==== Data extracts

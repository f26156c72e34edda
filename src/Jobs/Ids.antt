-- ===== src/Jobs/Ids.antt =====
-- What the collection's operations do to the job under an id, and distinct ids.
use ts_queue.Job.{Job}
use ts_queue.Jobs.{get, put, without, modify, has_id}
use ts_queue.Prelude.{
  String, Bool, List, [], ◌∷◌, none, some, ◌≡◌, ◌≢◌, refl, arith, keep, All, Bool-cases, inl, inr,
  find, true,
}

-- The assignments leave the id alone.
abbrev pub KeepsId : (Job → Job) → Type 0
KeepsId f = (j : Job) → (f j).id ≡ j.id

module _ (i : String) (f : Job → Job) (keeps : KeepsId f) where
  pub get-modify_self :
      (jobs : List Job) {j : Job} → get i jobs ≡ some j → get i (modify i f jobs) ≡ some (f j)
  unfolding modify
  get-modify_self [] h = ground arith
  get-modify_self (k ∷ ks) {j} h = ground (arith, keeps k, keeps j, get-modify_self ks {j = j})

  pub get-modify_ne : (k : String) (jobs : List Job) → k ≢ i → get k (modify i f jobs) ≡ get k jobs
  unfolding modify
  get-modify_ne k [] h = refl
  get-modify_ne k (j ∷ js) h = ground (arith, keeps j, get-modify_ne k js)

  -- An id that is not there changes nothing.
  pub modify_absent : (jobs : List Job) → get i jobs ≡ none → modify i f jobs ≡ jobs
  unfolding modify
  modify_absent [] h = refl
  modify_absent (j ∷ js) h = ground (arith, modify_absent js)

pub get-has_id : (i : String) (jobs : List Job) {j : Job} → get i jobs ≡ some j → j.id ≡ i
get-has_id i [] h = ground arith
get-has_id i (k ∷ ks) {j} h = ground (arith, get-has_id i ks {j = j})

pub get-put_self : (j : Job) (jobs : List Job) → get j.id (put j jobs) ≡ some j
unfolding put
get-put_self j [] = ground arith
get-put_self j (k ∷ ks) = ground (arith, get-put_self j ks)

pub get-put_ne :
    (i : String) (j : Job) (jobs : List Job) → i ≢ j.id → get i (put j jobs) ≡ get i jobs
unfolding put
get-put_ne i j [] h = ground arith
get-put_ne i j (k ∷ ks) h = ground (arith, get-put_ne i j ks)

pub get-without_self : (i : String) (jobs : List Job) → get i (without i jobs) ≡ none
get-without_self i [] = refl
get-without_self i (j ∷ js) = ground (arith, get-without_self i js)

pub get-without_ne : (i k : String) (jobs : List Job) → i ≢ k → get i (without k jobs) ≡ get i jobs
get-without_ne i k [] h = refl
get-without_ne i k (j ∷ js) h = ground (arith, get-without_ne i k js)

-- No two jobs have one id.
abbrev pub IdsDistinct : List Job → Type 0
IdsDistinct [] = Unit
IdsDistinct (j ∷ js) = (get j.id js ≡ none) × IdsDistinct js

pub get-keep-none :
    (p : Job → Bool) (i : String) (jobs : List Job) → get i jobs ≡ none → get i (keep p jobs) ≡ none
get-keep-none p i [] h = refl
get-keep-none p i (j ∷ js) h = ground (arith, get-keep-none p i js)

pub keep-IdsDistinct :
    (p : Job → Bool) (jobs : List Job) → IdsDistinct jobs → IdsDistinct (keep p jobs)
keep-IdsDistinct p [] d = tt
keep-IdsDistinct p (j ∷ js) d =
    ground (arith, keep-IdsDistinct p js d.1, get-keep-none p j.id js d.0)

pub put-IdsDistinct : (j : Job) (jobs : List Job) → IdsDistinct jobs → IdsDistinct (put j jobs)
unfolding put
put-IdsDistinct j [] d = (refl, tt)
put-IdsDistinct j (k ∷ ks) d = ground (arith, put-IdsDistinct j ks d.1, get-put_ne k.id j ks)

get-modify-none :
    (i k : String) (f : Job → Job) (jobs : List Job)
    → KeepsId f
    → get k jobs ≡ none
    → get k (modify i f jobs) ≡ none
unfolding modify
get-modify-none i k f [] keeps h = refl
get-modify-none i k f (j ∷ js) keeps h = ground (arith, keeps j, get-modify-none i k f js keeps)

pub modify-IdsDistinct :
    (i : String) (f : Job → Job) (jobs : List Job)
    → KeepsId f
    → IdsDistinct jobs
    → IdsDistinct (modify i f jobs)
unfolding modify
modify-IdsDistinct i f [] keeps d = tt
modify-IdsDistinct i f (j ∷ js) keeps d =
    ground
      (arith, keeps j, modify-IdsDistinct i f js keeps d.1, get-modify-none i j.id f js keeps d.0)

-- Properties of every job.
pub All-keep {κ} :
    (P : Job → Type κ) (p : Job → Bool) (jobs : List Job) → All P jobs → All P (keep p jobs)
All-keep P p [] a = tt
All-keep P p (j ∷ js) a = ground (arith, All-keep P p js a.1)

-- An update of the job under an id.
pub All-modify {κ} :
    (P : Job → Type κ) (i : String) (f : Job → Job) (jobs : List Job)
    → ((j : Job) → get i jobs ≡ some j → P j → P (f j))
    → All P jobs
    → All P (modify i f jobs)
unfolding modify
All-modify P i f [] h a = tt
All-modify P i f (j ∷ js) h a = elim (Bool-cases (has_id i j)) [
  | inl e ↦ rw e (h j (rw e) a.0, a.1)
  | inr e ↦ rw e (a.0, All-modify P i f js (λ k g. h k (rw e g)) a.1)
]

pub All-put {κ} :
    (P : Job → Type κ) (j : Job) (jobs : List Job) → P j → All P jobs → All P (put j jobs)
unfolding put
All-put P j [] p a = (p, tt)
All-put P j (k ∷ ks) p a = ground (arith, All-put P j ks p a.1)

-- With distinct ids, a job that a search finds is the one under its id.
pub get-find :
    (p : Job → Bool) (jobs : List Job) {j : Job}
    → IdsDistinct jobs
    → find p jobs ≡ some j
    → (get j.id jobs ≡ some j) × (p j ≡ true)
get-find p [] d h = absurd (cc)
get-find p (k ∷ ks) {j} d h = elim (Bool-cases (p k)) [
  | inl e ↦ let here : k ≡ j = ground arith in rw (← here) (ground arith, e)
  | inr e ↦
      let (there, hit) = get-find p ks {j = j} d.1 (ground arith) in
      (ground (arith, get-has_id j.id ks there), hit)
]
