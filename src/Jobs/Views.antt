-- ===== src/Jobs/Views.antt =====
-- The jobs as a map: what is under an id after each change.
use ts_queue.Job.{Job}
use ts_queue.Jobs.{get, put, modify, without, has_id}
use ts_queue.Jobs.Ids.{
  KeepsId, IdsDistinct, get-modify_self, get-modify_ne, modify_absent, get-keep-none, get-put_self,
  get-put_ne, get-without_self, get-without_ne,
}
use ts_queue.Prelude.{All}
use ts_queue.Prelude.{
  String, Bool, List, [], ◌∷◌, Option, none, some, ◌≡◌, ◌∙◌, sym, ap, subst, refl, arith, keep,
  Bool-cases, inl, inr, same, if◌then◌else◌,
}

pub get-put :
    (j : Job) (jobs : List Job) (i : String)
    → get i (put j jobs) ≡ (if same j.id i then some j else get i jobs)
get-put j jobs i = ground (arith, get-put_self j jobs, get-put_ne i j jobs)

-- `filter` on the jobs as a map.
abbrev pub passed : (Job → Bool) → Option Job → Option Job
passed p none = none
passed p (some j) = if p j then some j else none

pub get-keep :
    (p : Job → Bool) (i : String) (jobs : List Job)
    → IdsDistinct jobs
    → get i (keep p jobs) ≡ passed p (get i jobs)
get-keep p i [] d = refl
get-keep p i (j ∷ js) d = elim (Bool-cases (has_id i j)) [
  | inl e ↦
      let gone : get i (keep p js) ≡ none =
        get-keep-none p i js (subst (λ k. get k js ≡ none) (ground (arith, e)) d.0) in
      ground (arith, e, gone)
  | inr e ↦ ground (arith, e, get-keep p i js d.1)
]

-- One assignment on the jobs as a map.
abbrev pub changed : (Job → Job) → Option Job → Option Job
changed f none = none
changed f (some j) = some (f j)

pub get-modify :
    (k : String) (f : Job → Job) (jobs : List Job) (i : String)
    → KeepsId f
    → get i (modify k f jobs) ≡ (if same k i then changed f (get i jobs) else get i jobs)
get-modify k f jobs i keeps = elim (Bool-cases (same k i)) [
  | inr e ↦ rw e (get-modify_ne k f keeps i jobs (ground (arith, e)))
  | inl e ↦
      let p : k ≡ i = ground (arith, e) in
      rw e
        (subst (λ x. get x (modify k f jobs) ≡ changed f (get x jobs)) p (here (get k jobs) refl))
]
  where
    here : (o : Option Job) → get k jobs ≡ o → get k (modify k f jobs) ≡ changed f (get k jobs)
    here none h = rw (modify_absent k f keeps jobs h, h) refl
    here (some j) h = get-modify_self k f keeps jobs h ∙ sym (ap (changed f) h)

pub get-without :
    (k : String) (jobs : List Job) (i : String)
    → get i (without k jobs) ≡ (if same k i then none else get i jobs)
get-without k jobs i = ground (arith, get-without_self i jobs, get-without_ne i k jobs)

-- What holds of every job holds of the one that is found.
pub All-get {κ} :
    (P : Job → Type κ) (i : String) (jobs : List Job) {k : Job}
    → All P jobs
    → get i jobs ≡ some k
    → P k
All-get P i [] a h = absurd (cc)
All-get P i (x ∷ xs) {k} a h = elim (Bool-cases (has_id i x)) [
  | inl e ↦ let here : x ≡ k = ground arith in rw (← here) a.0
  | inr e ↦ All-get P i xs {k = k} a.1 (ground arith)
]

========

▸ **About this task**:
When the line with "All-put P j (k" is reached in the data above, begin copying, and stop after the line with "p jobs ≡ some j"; copy each line exactly, both ends included.

▸ **Reply**:
All-put P j (k ∷ ks) p a = ground (arith, All-put P j ks p a.1)

-- With distinct ids, a job that a search finds is the one under its id.
pub get-find :
    (p : Job → Bool) (jobs : List Job) {j : Job}
    → IdsDistinct jobs
    → find p jobs ≡ some j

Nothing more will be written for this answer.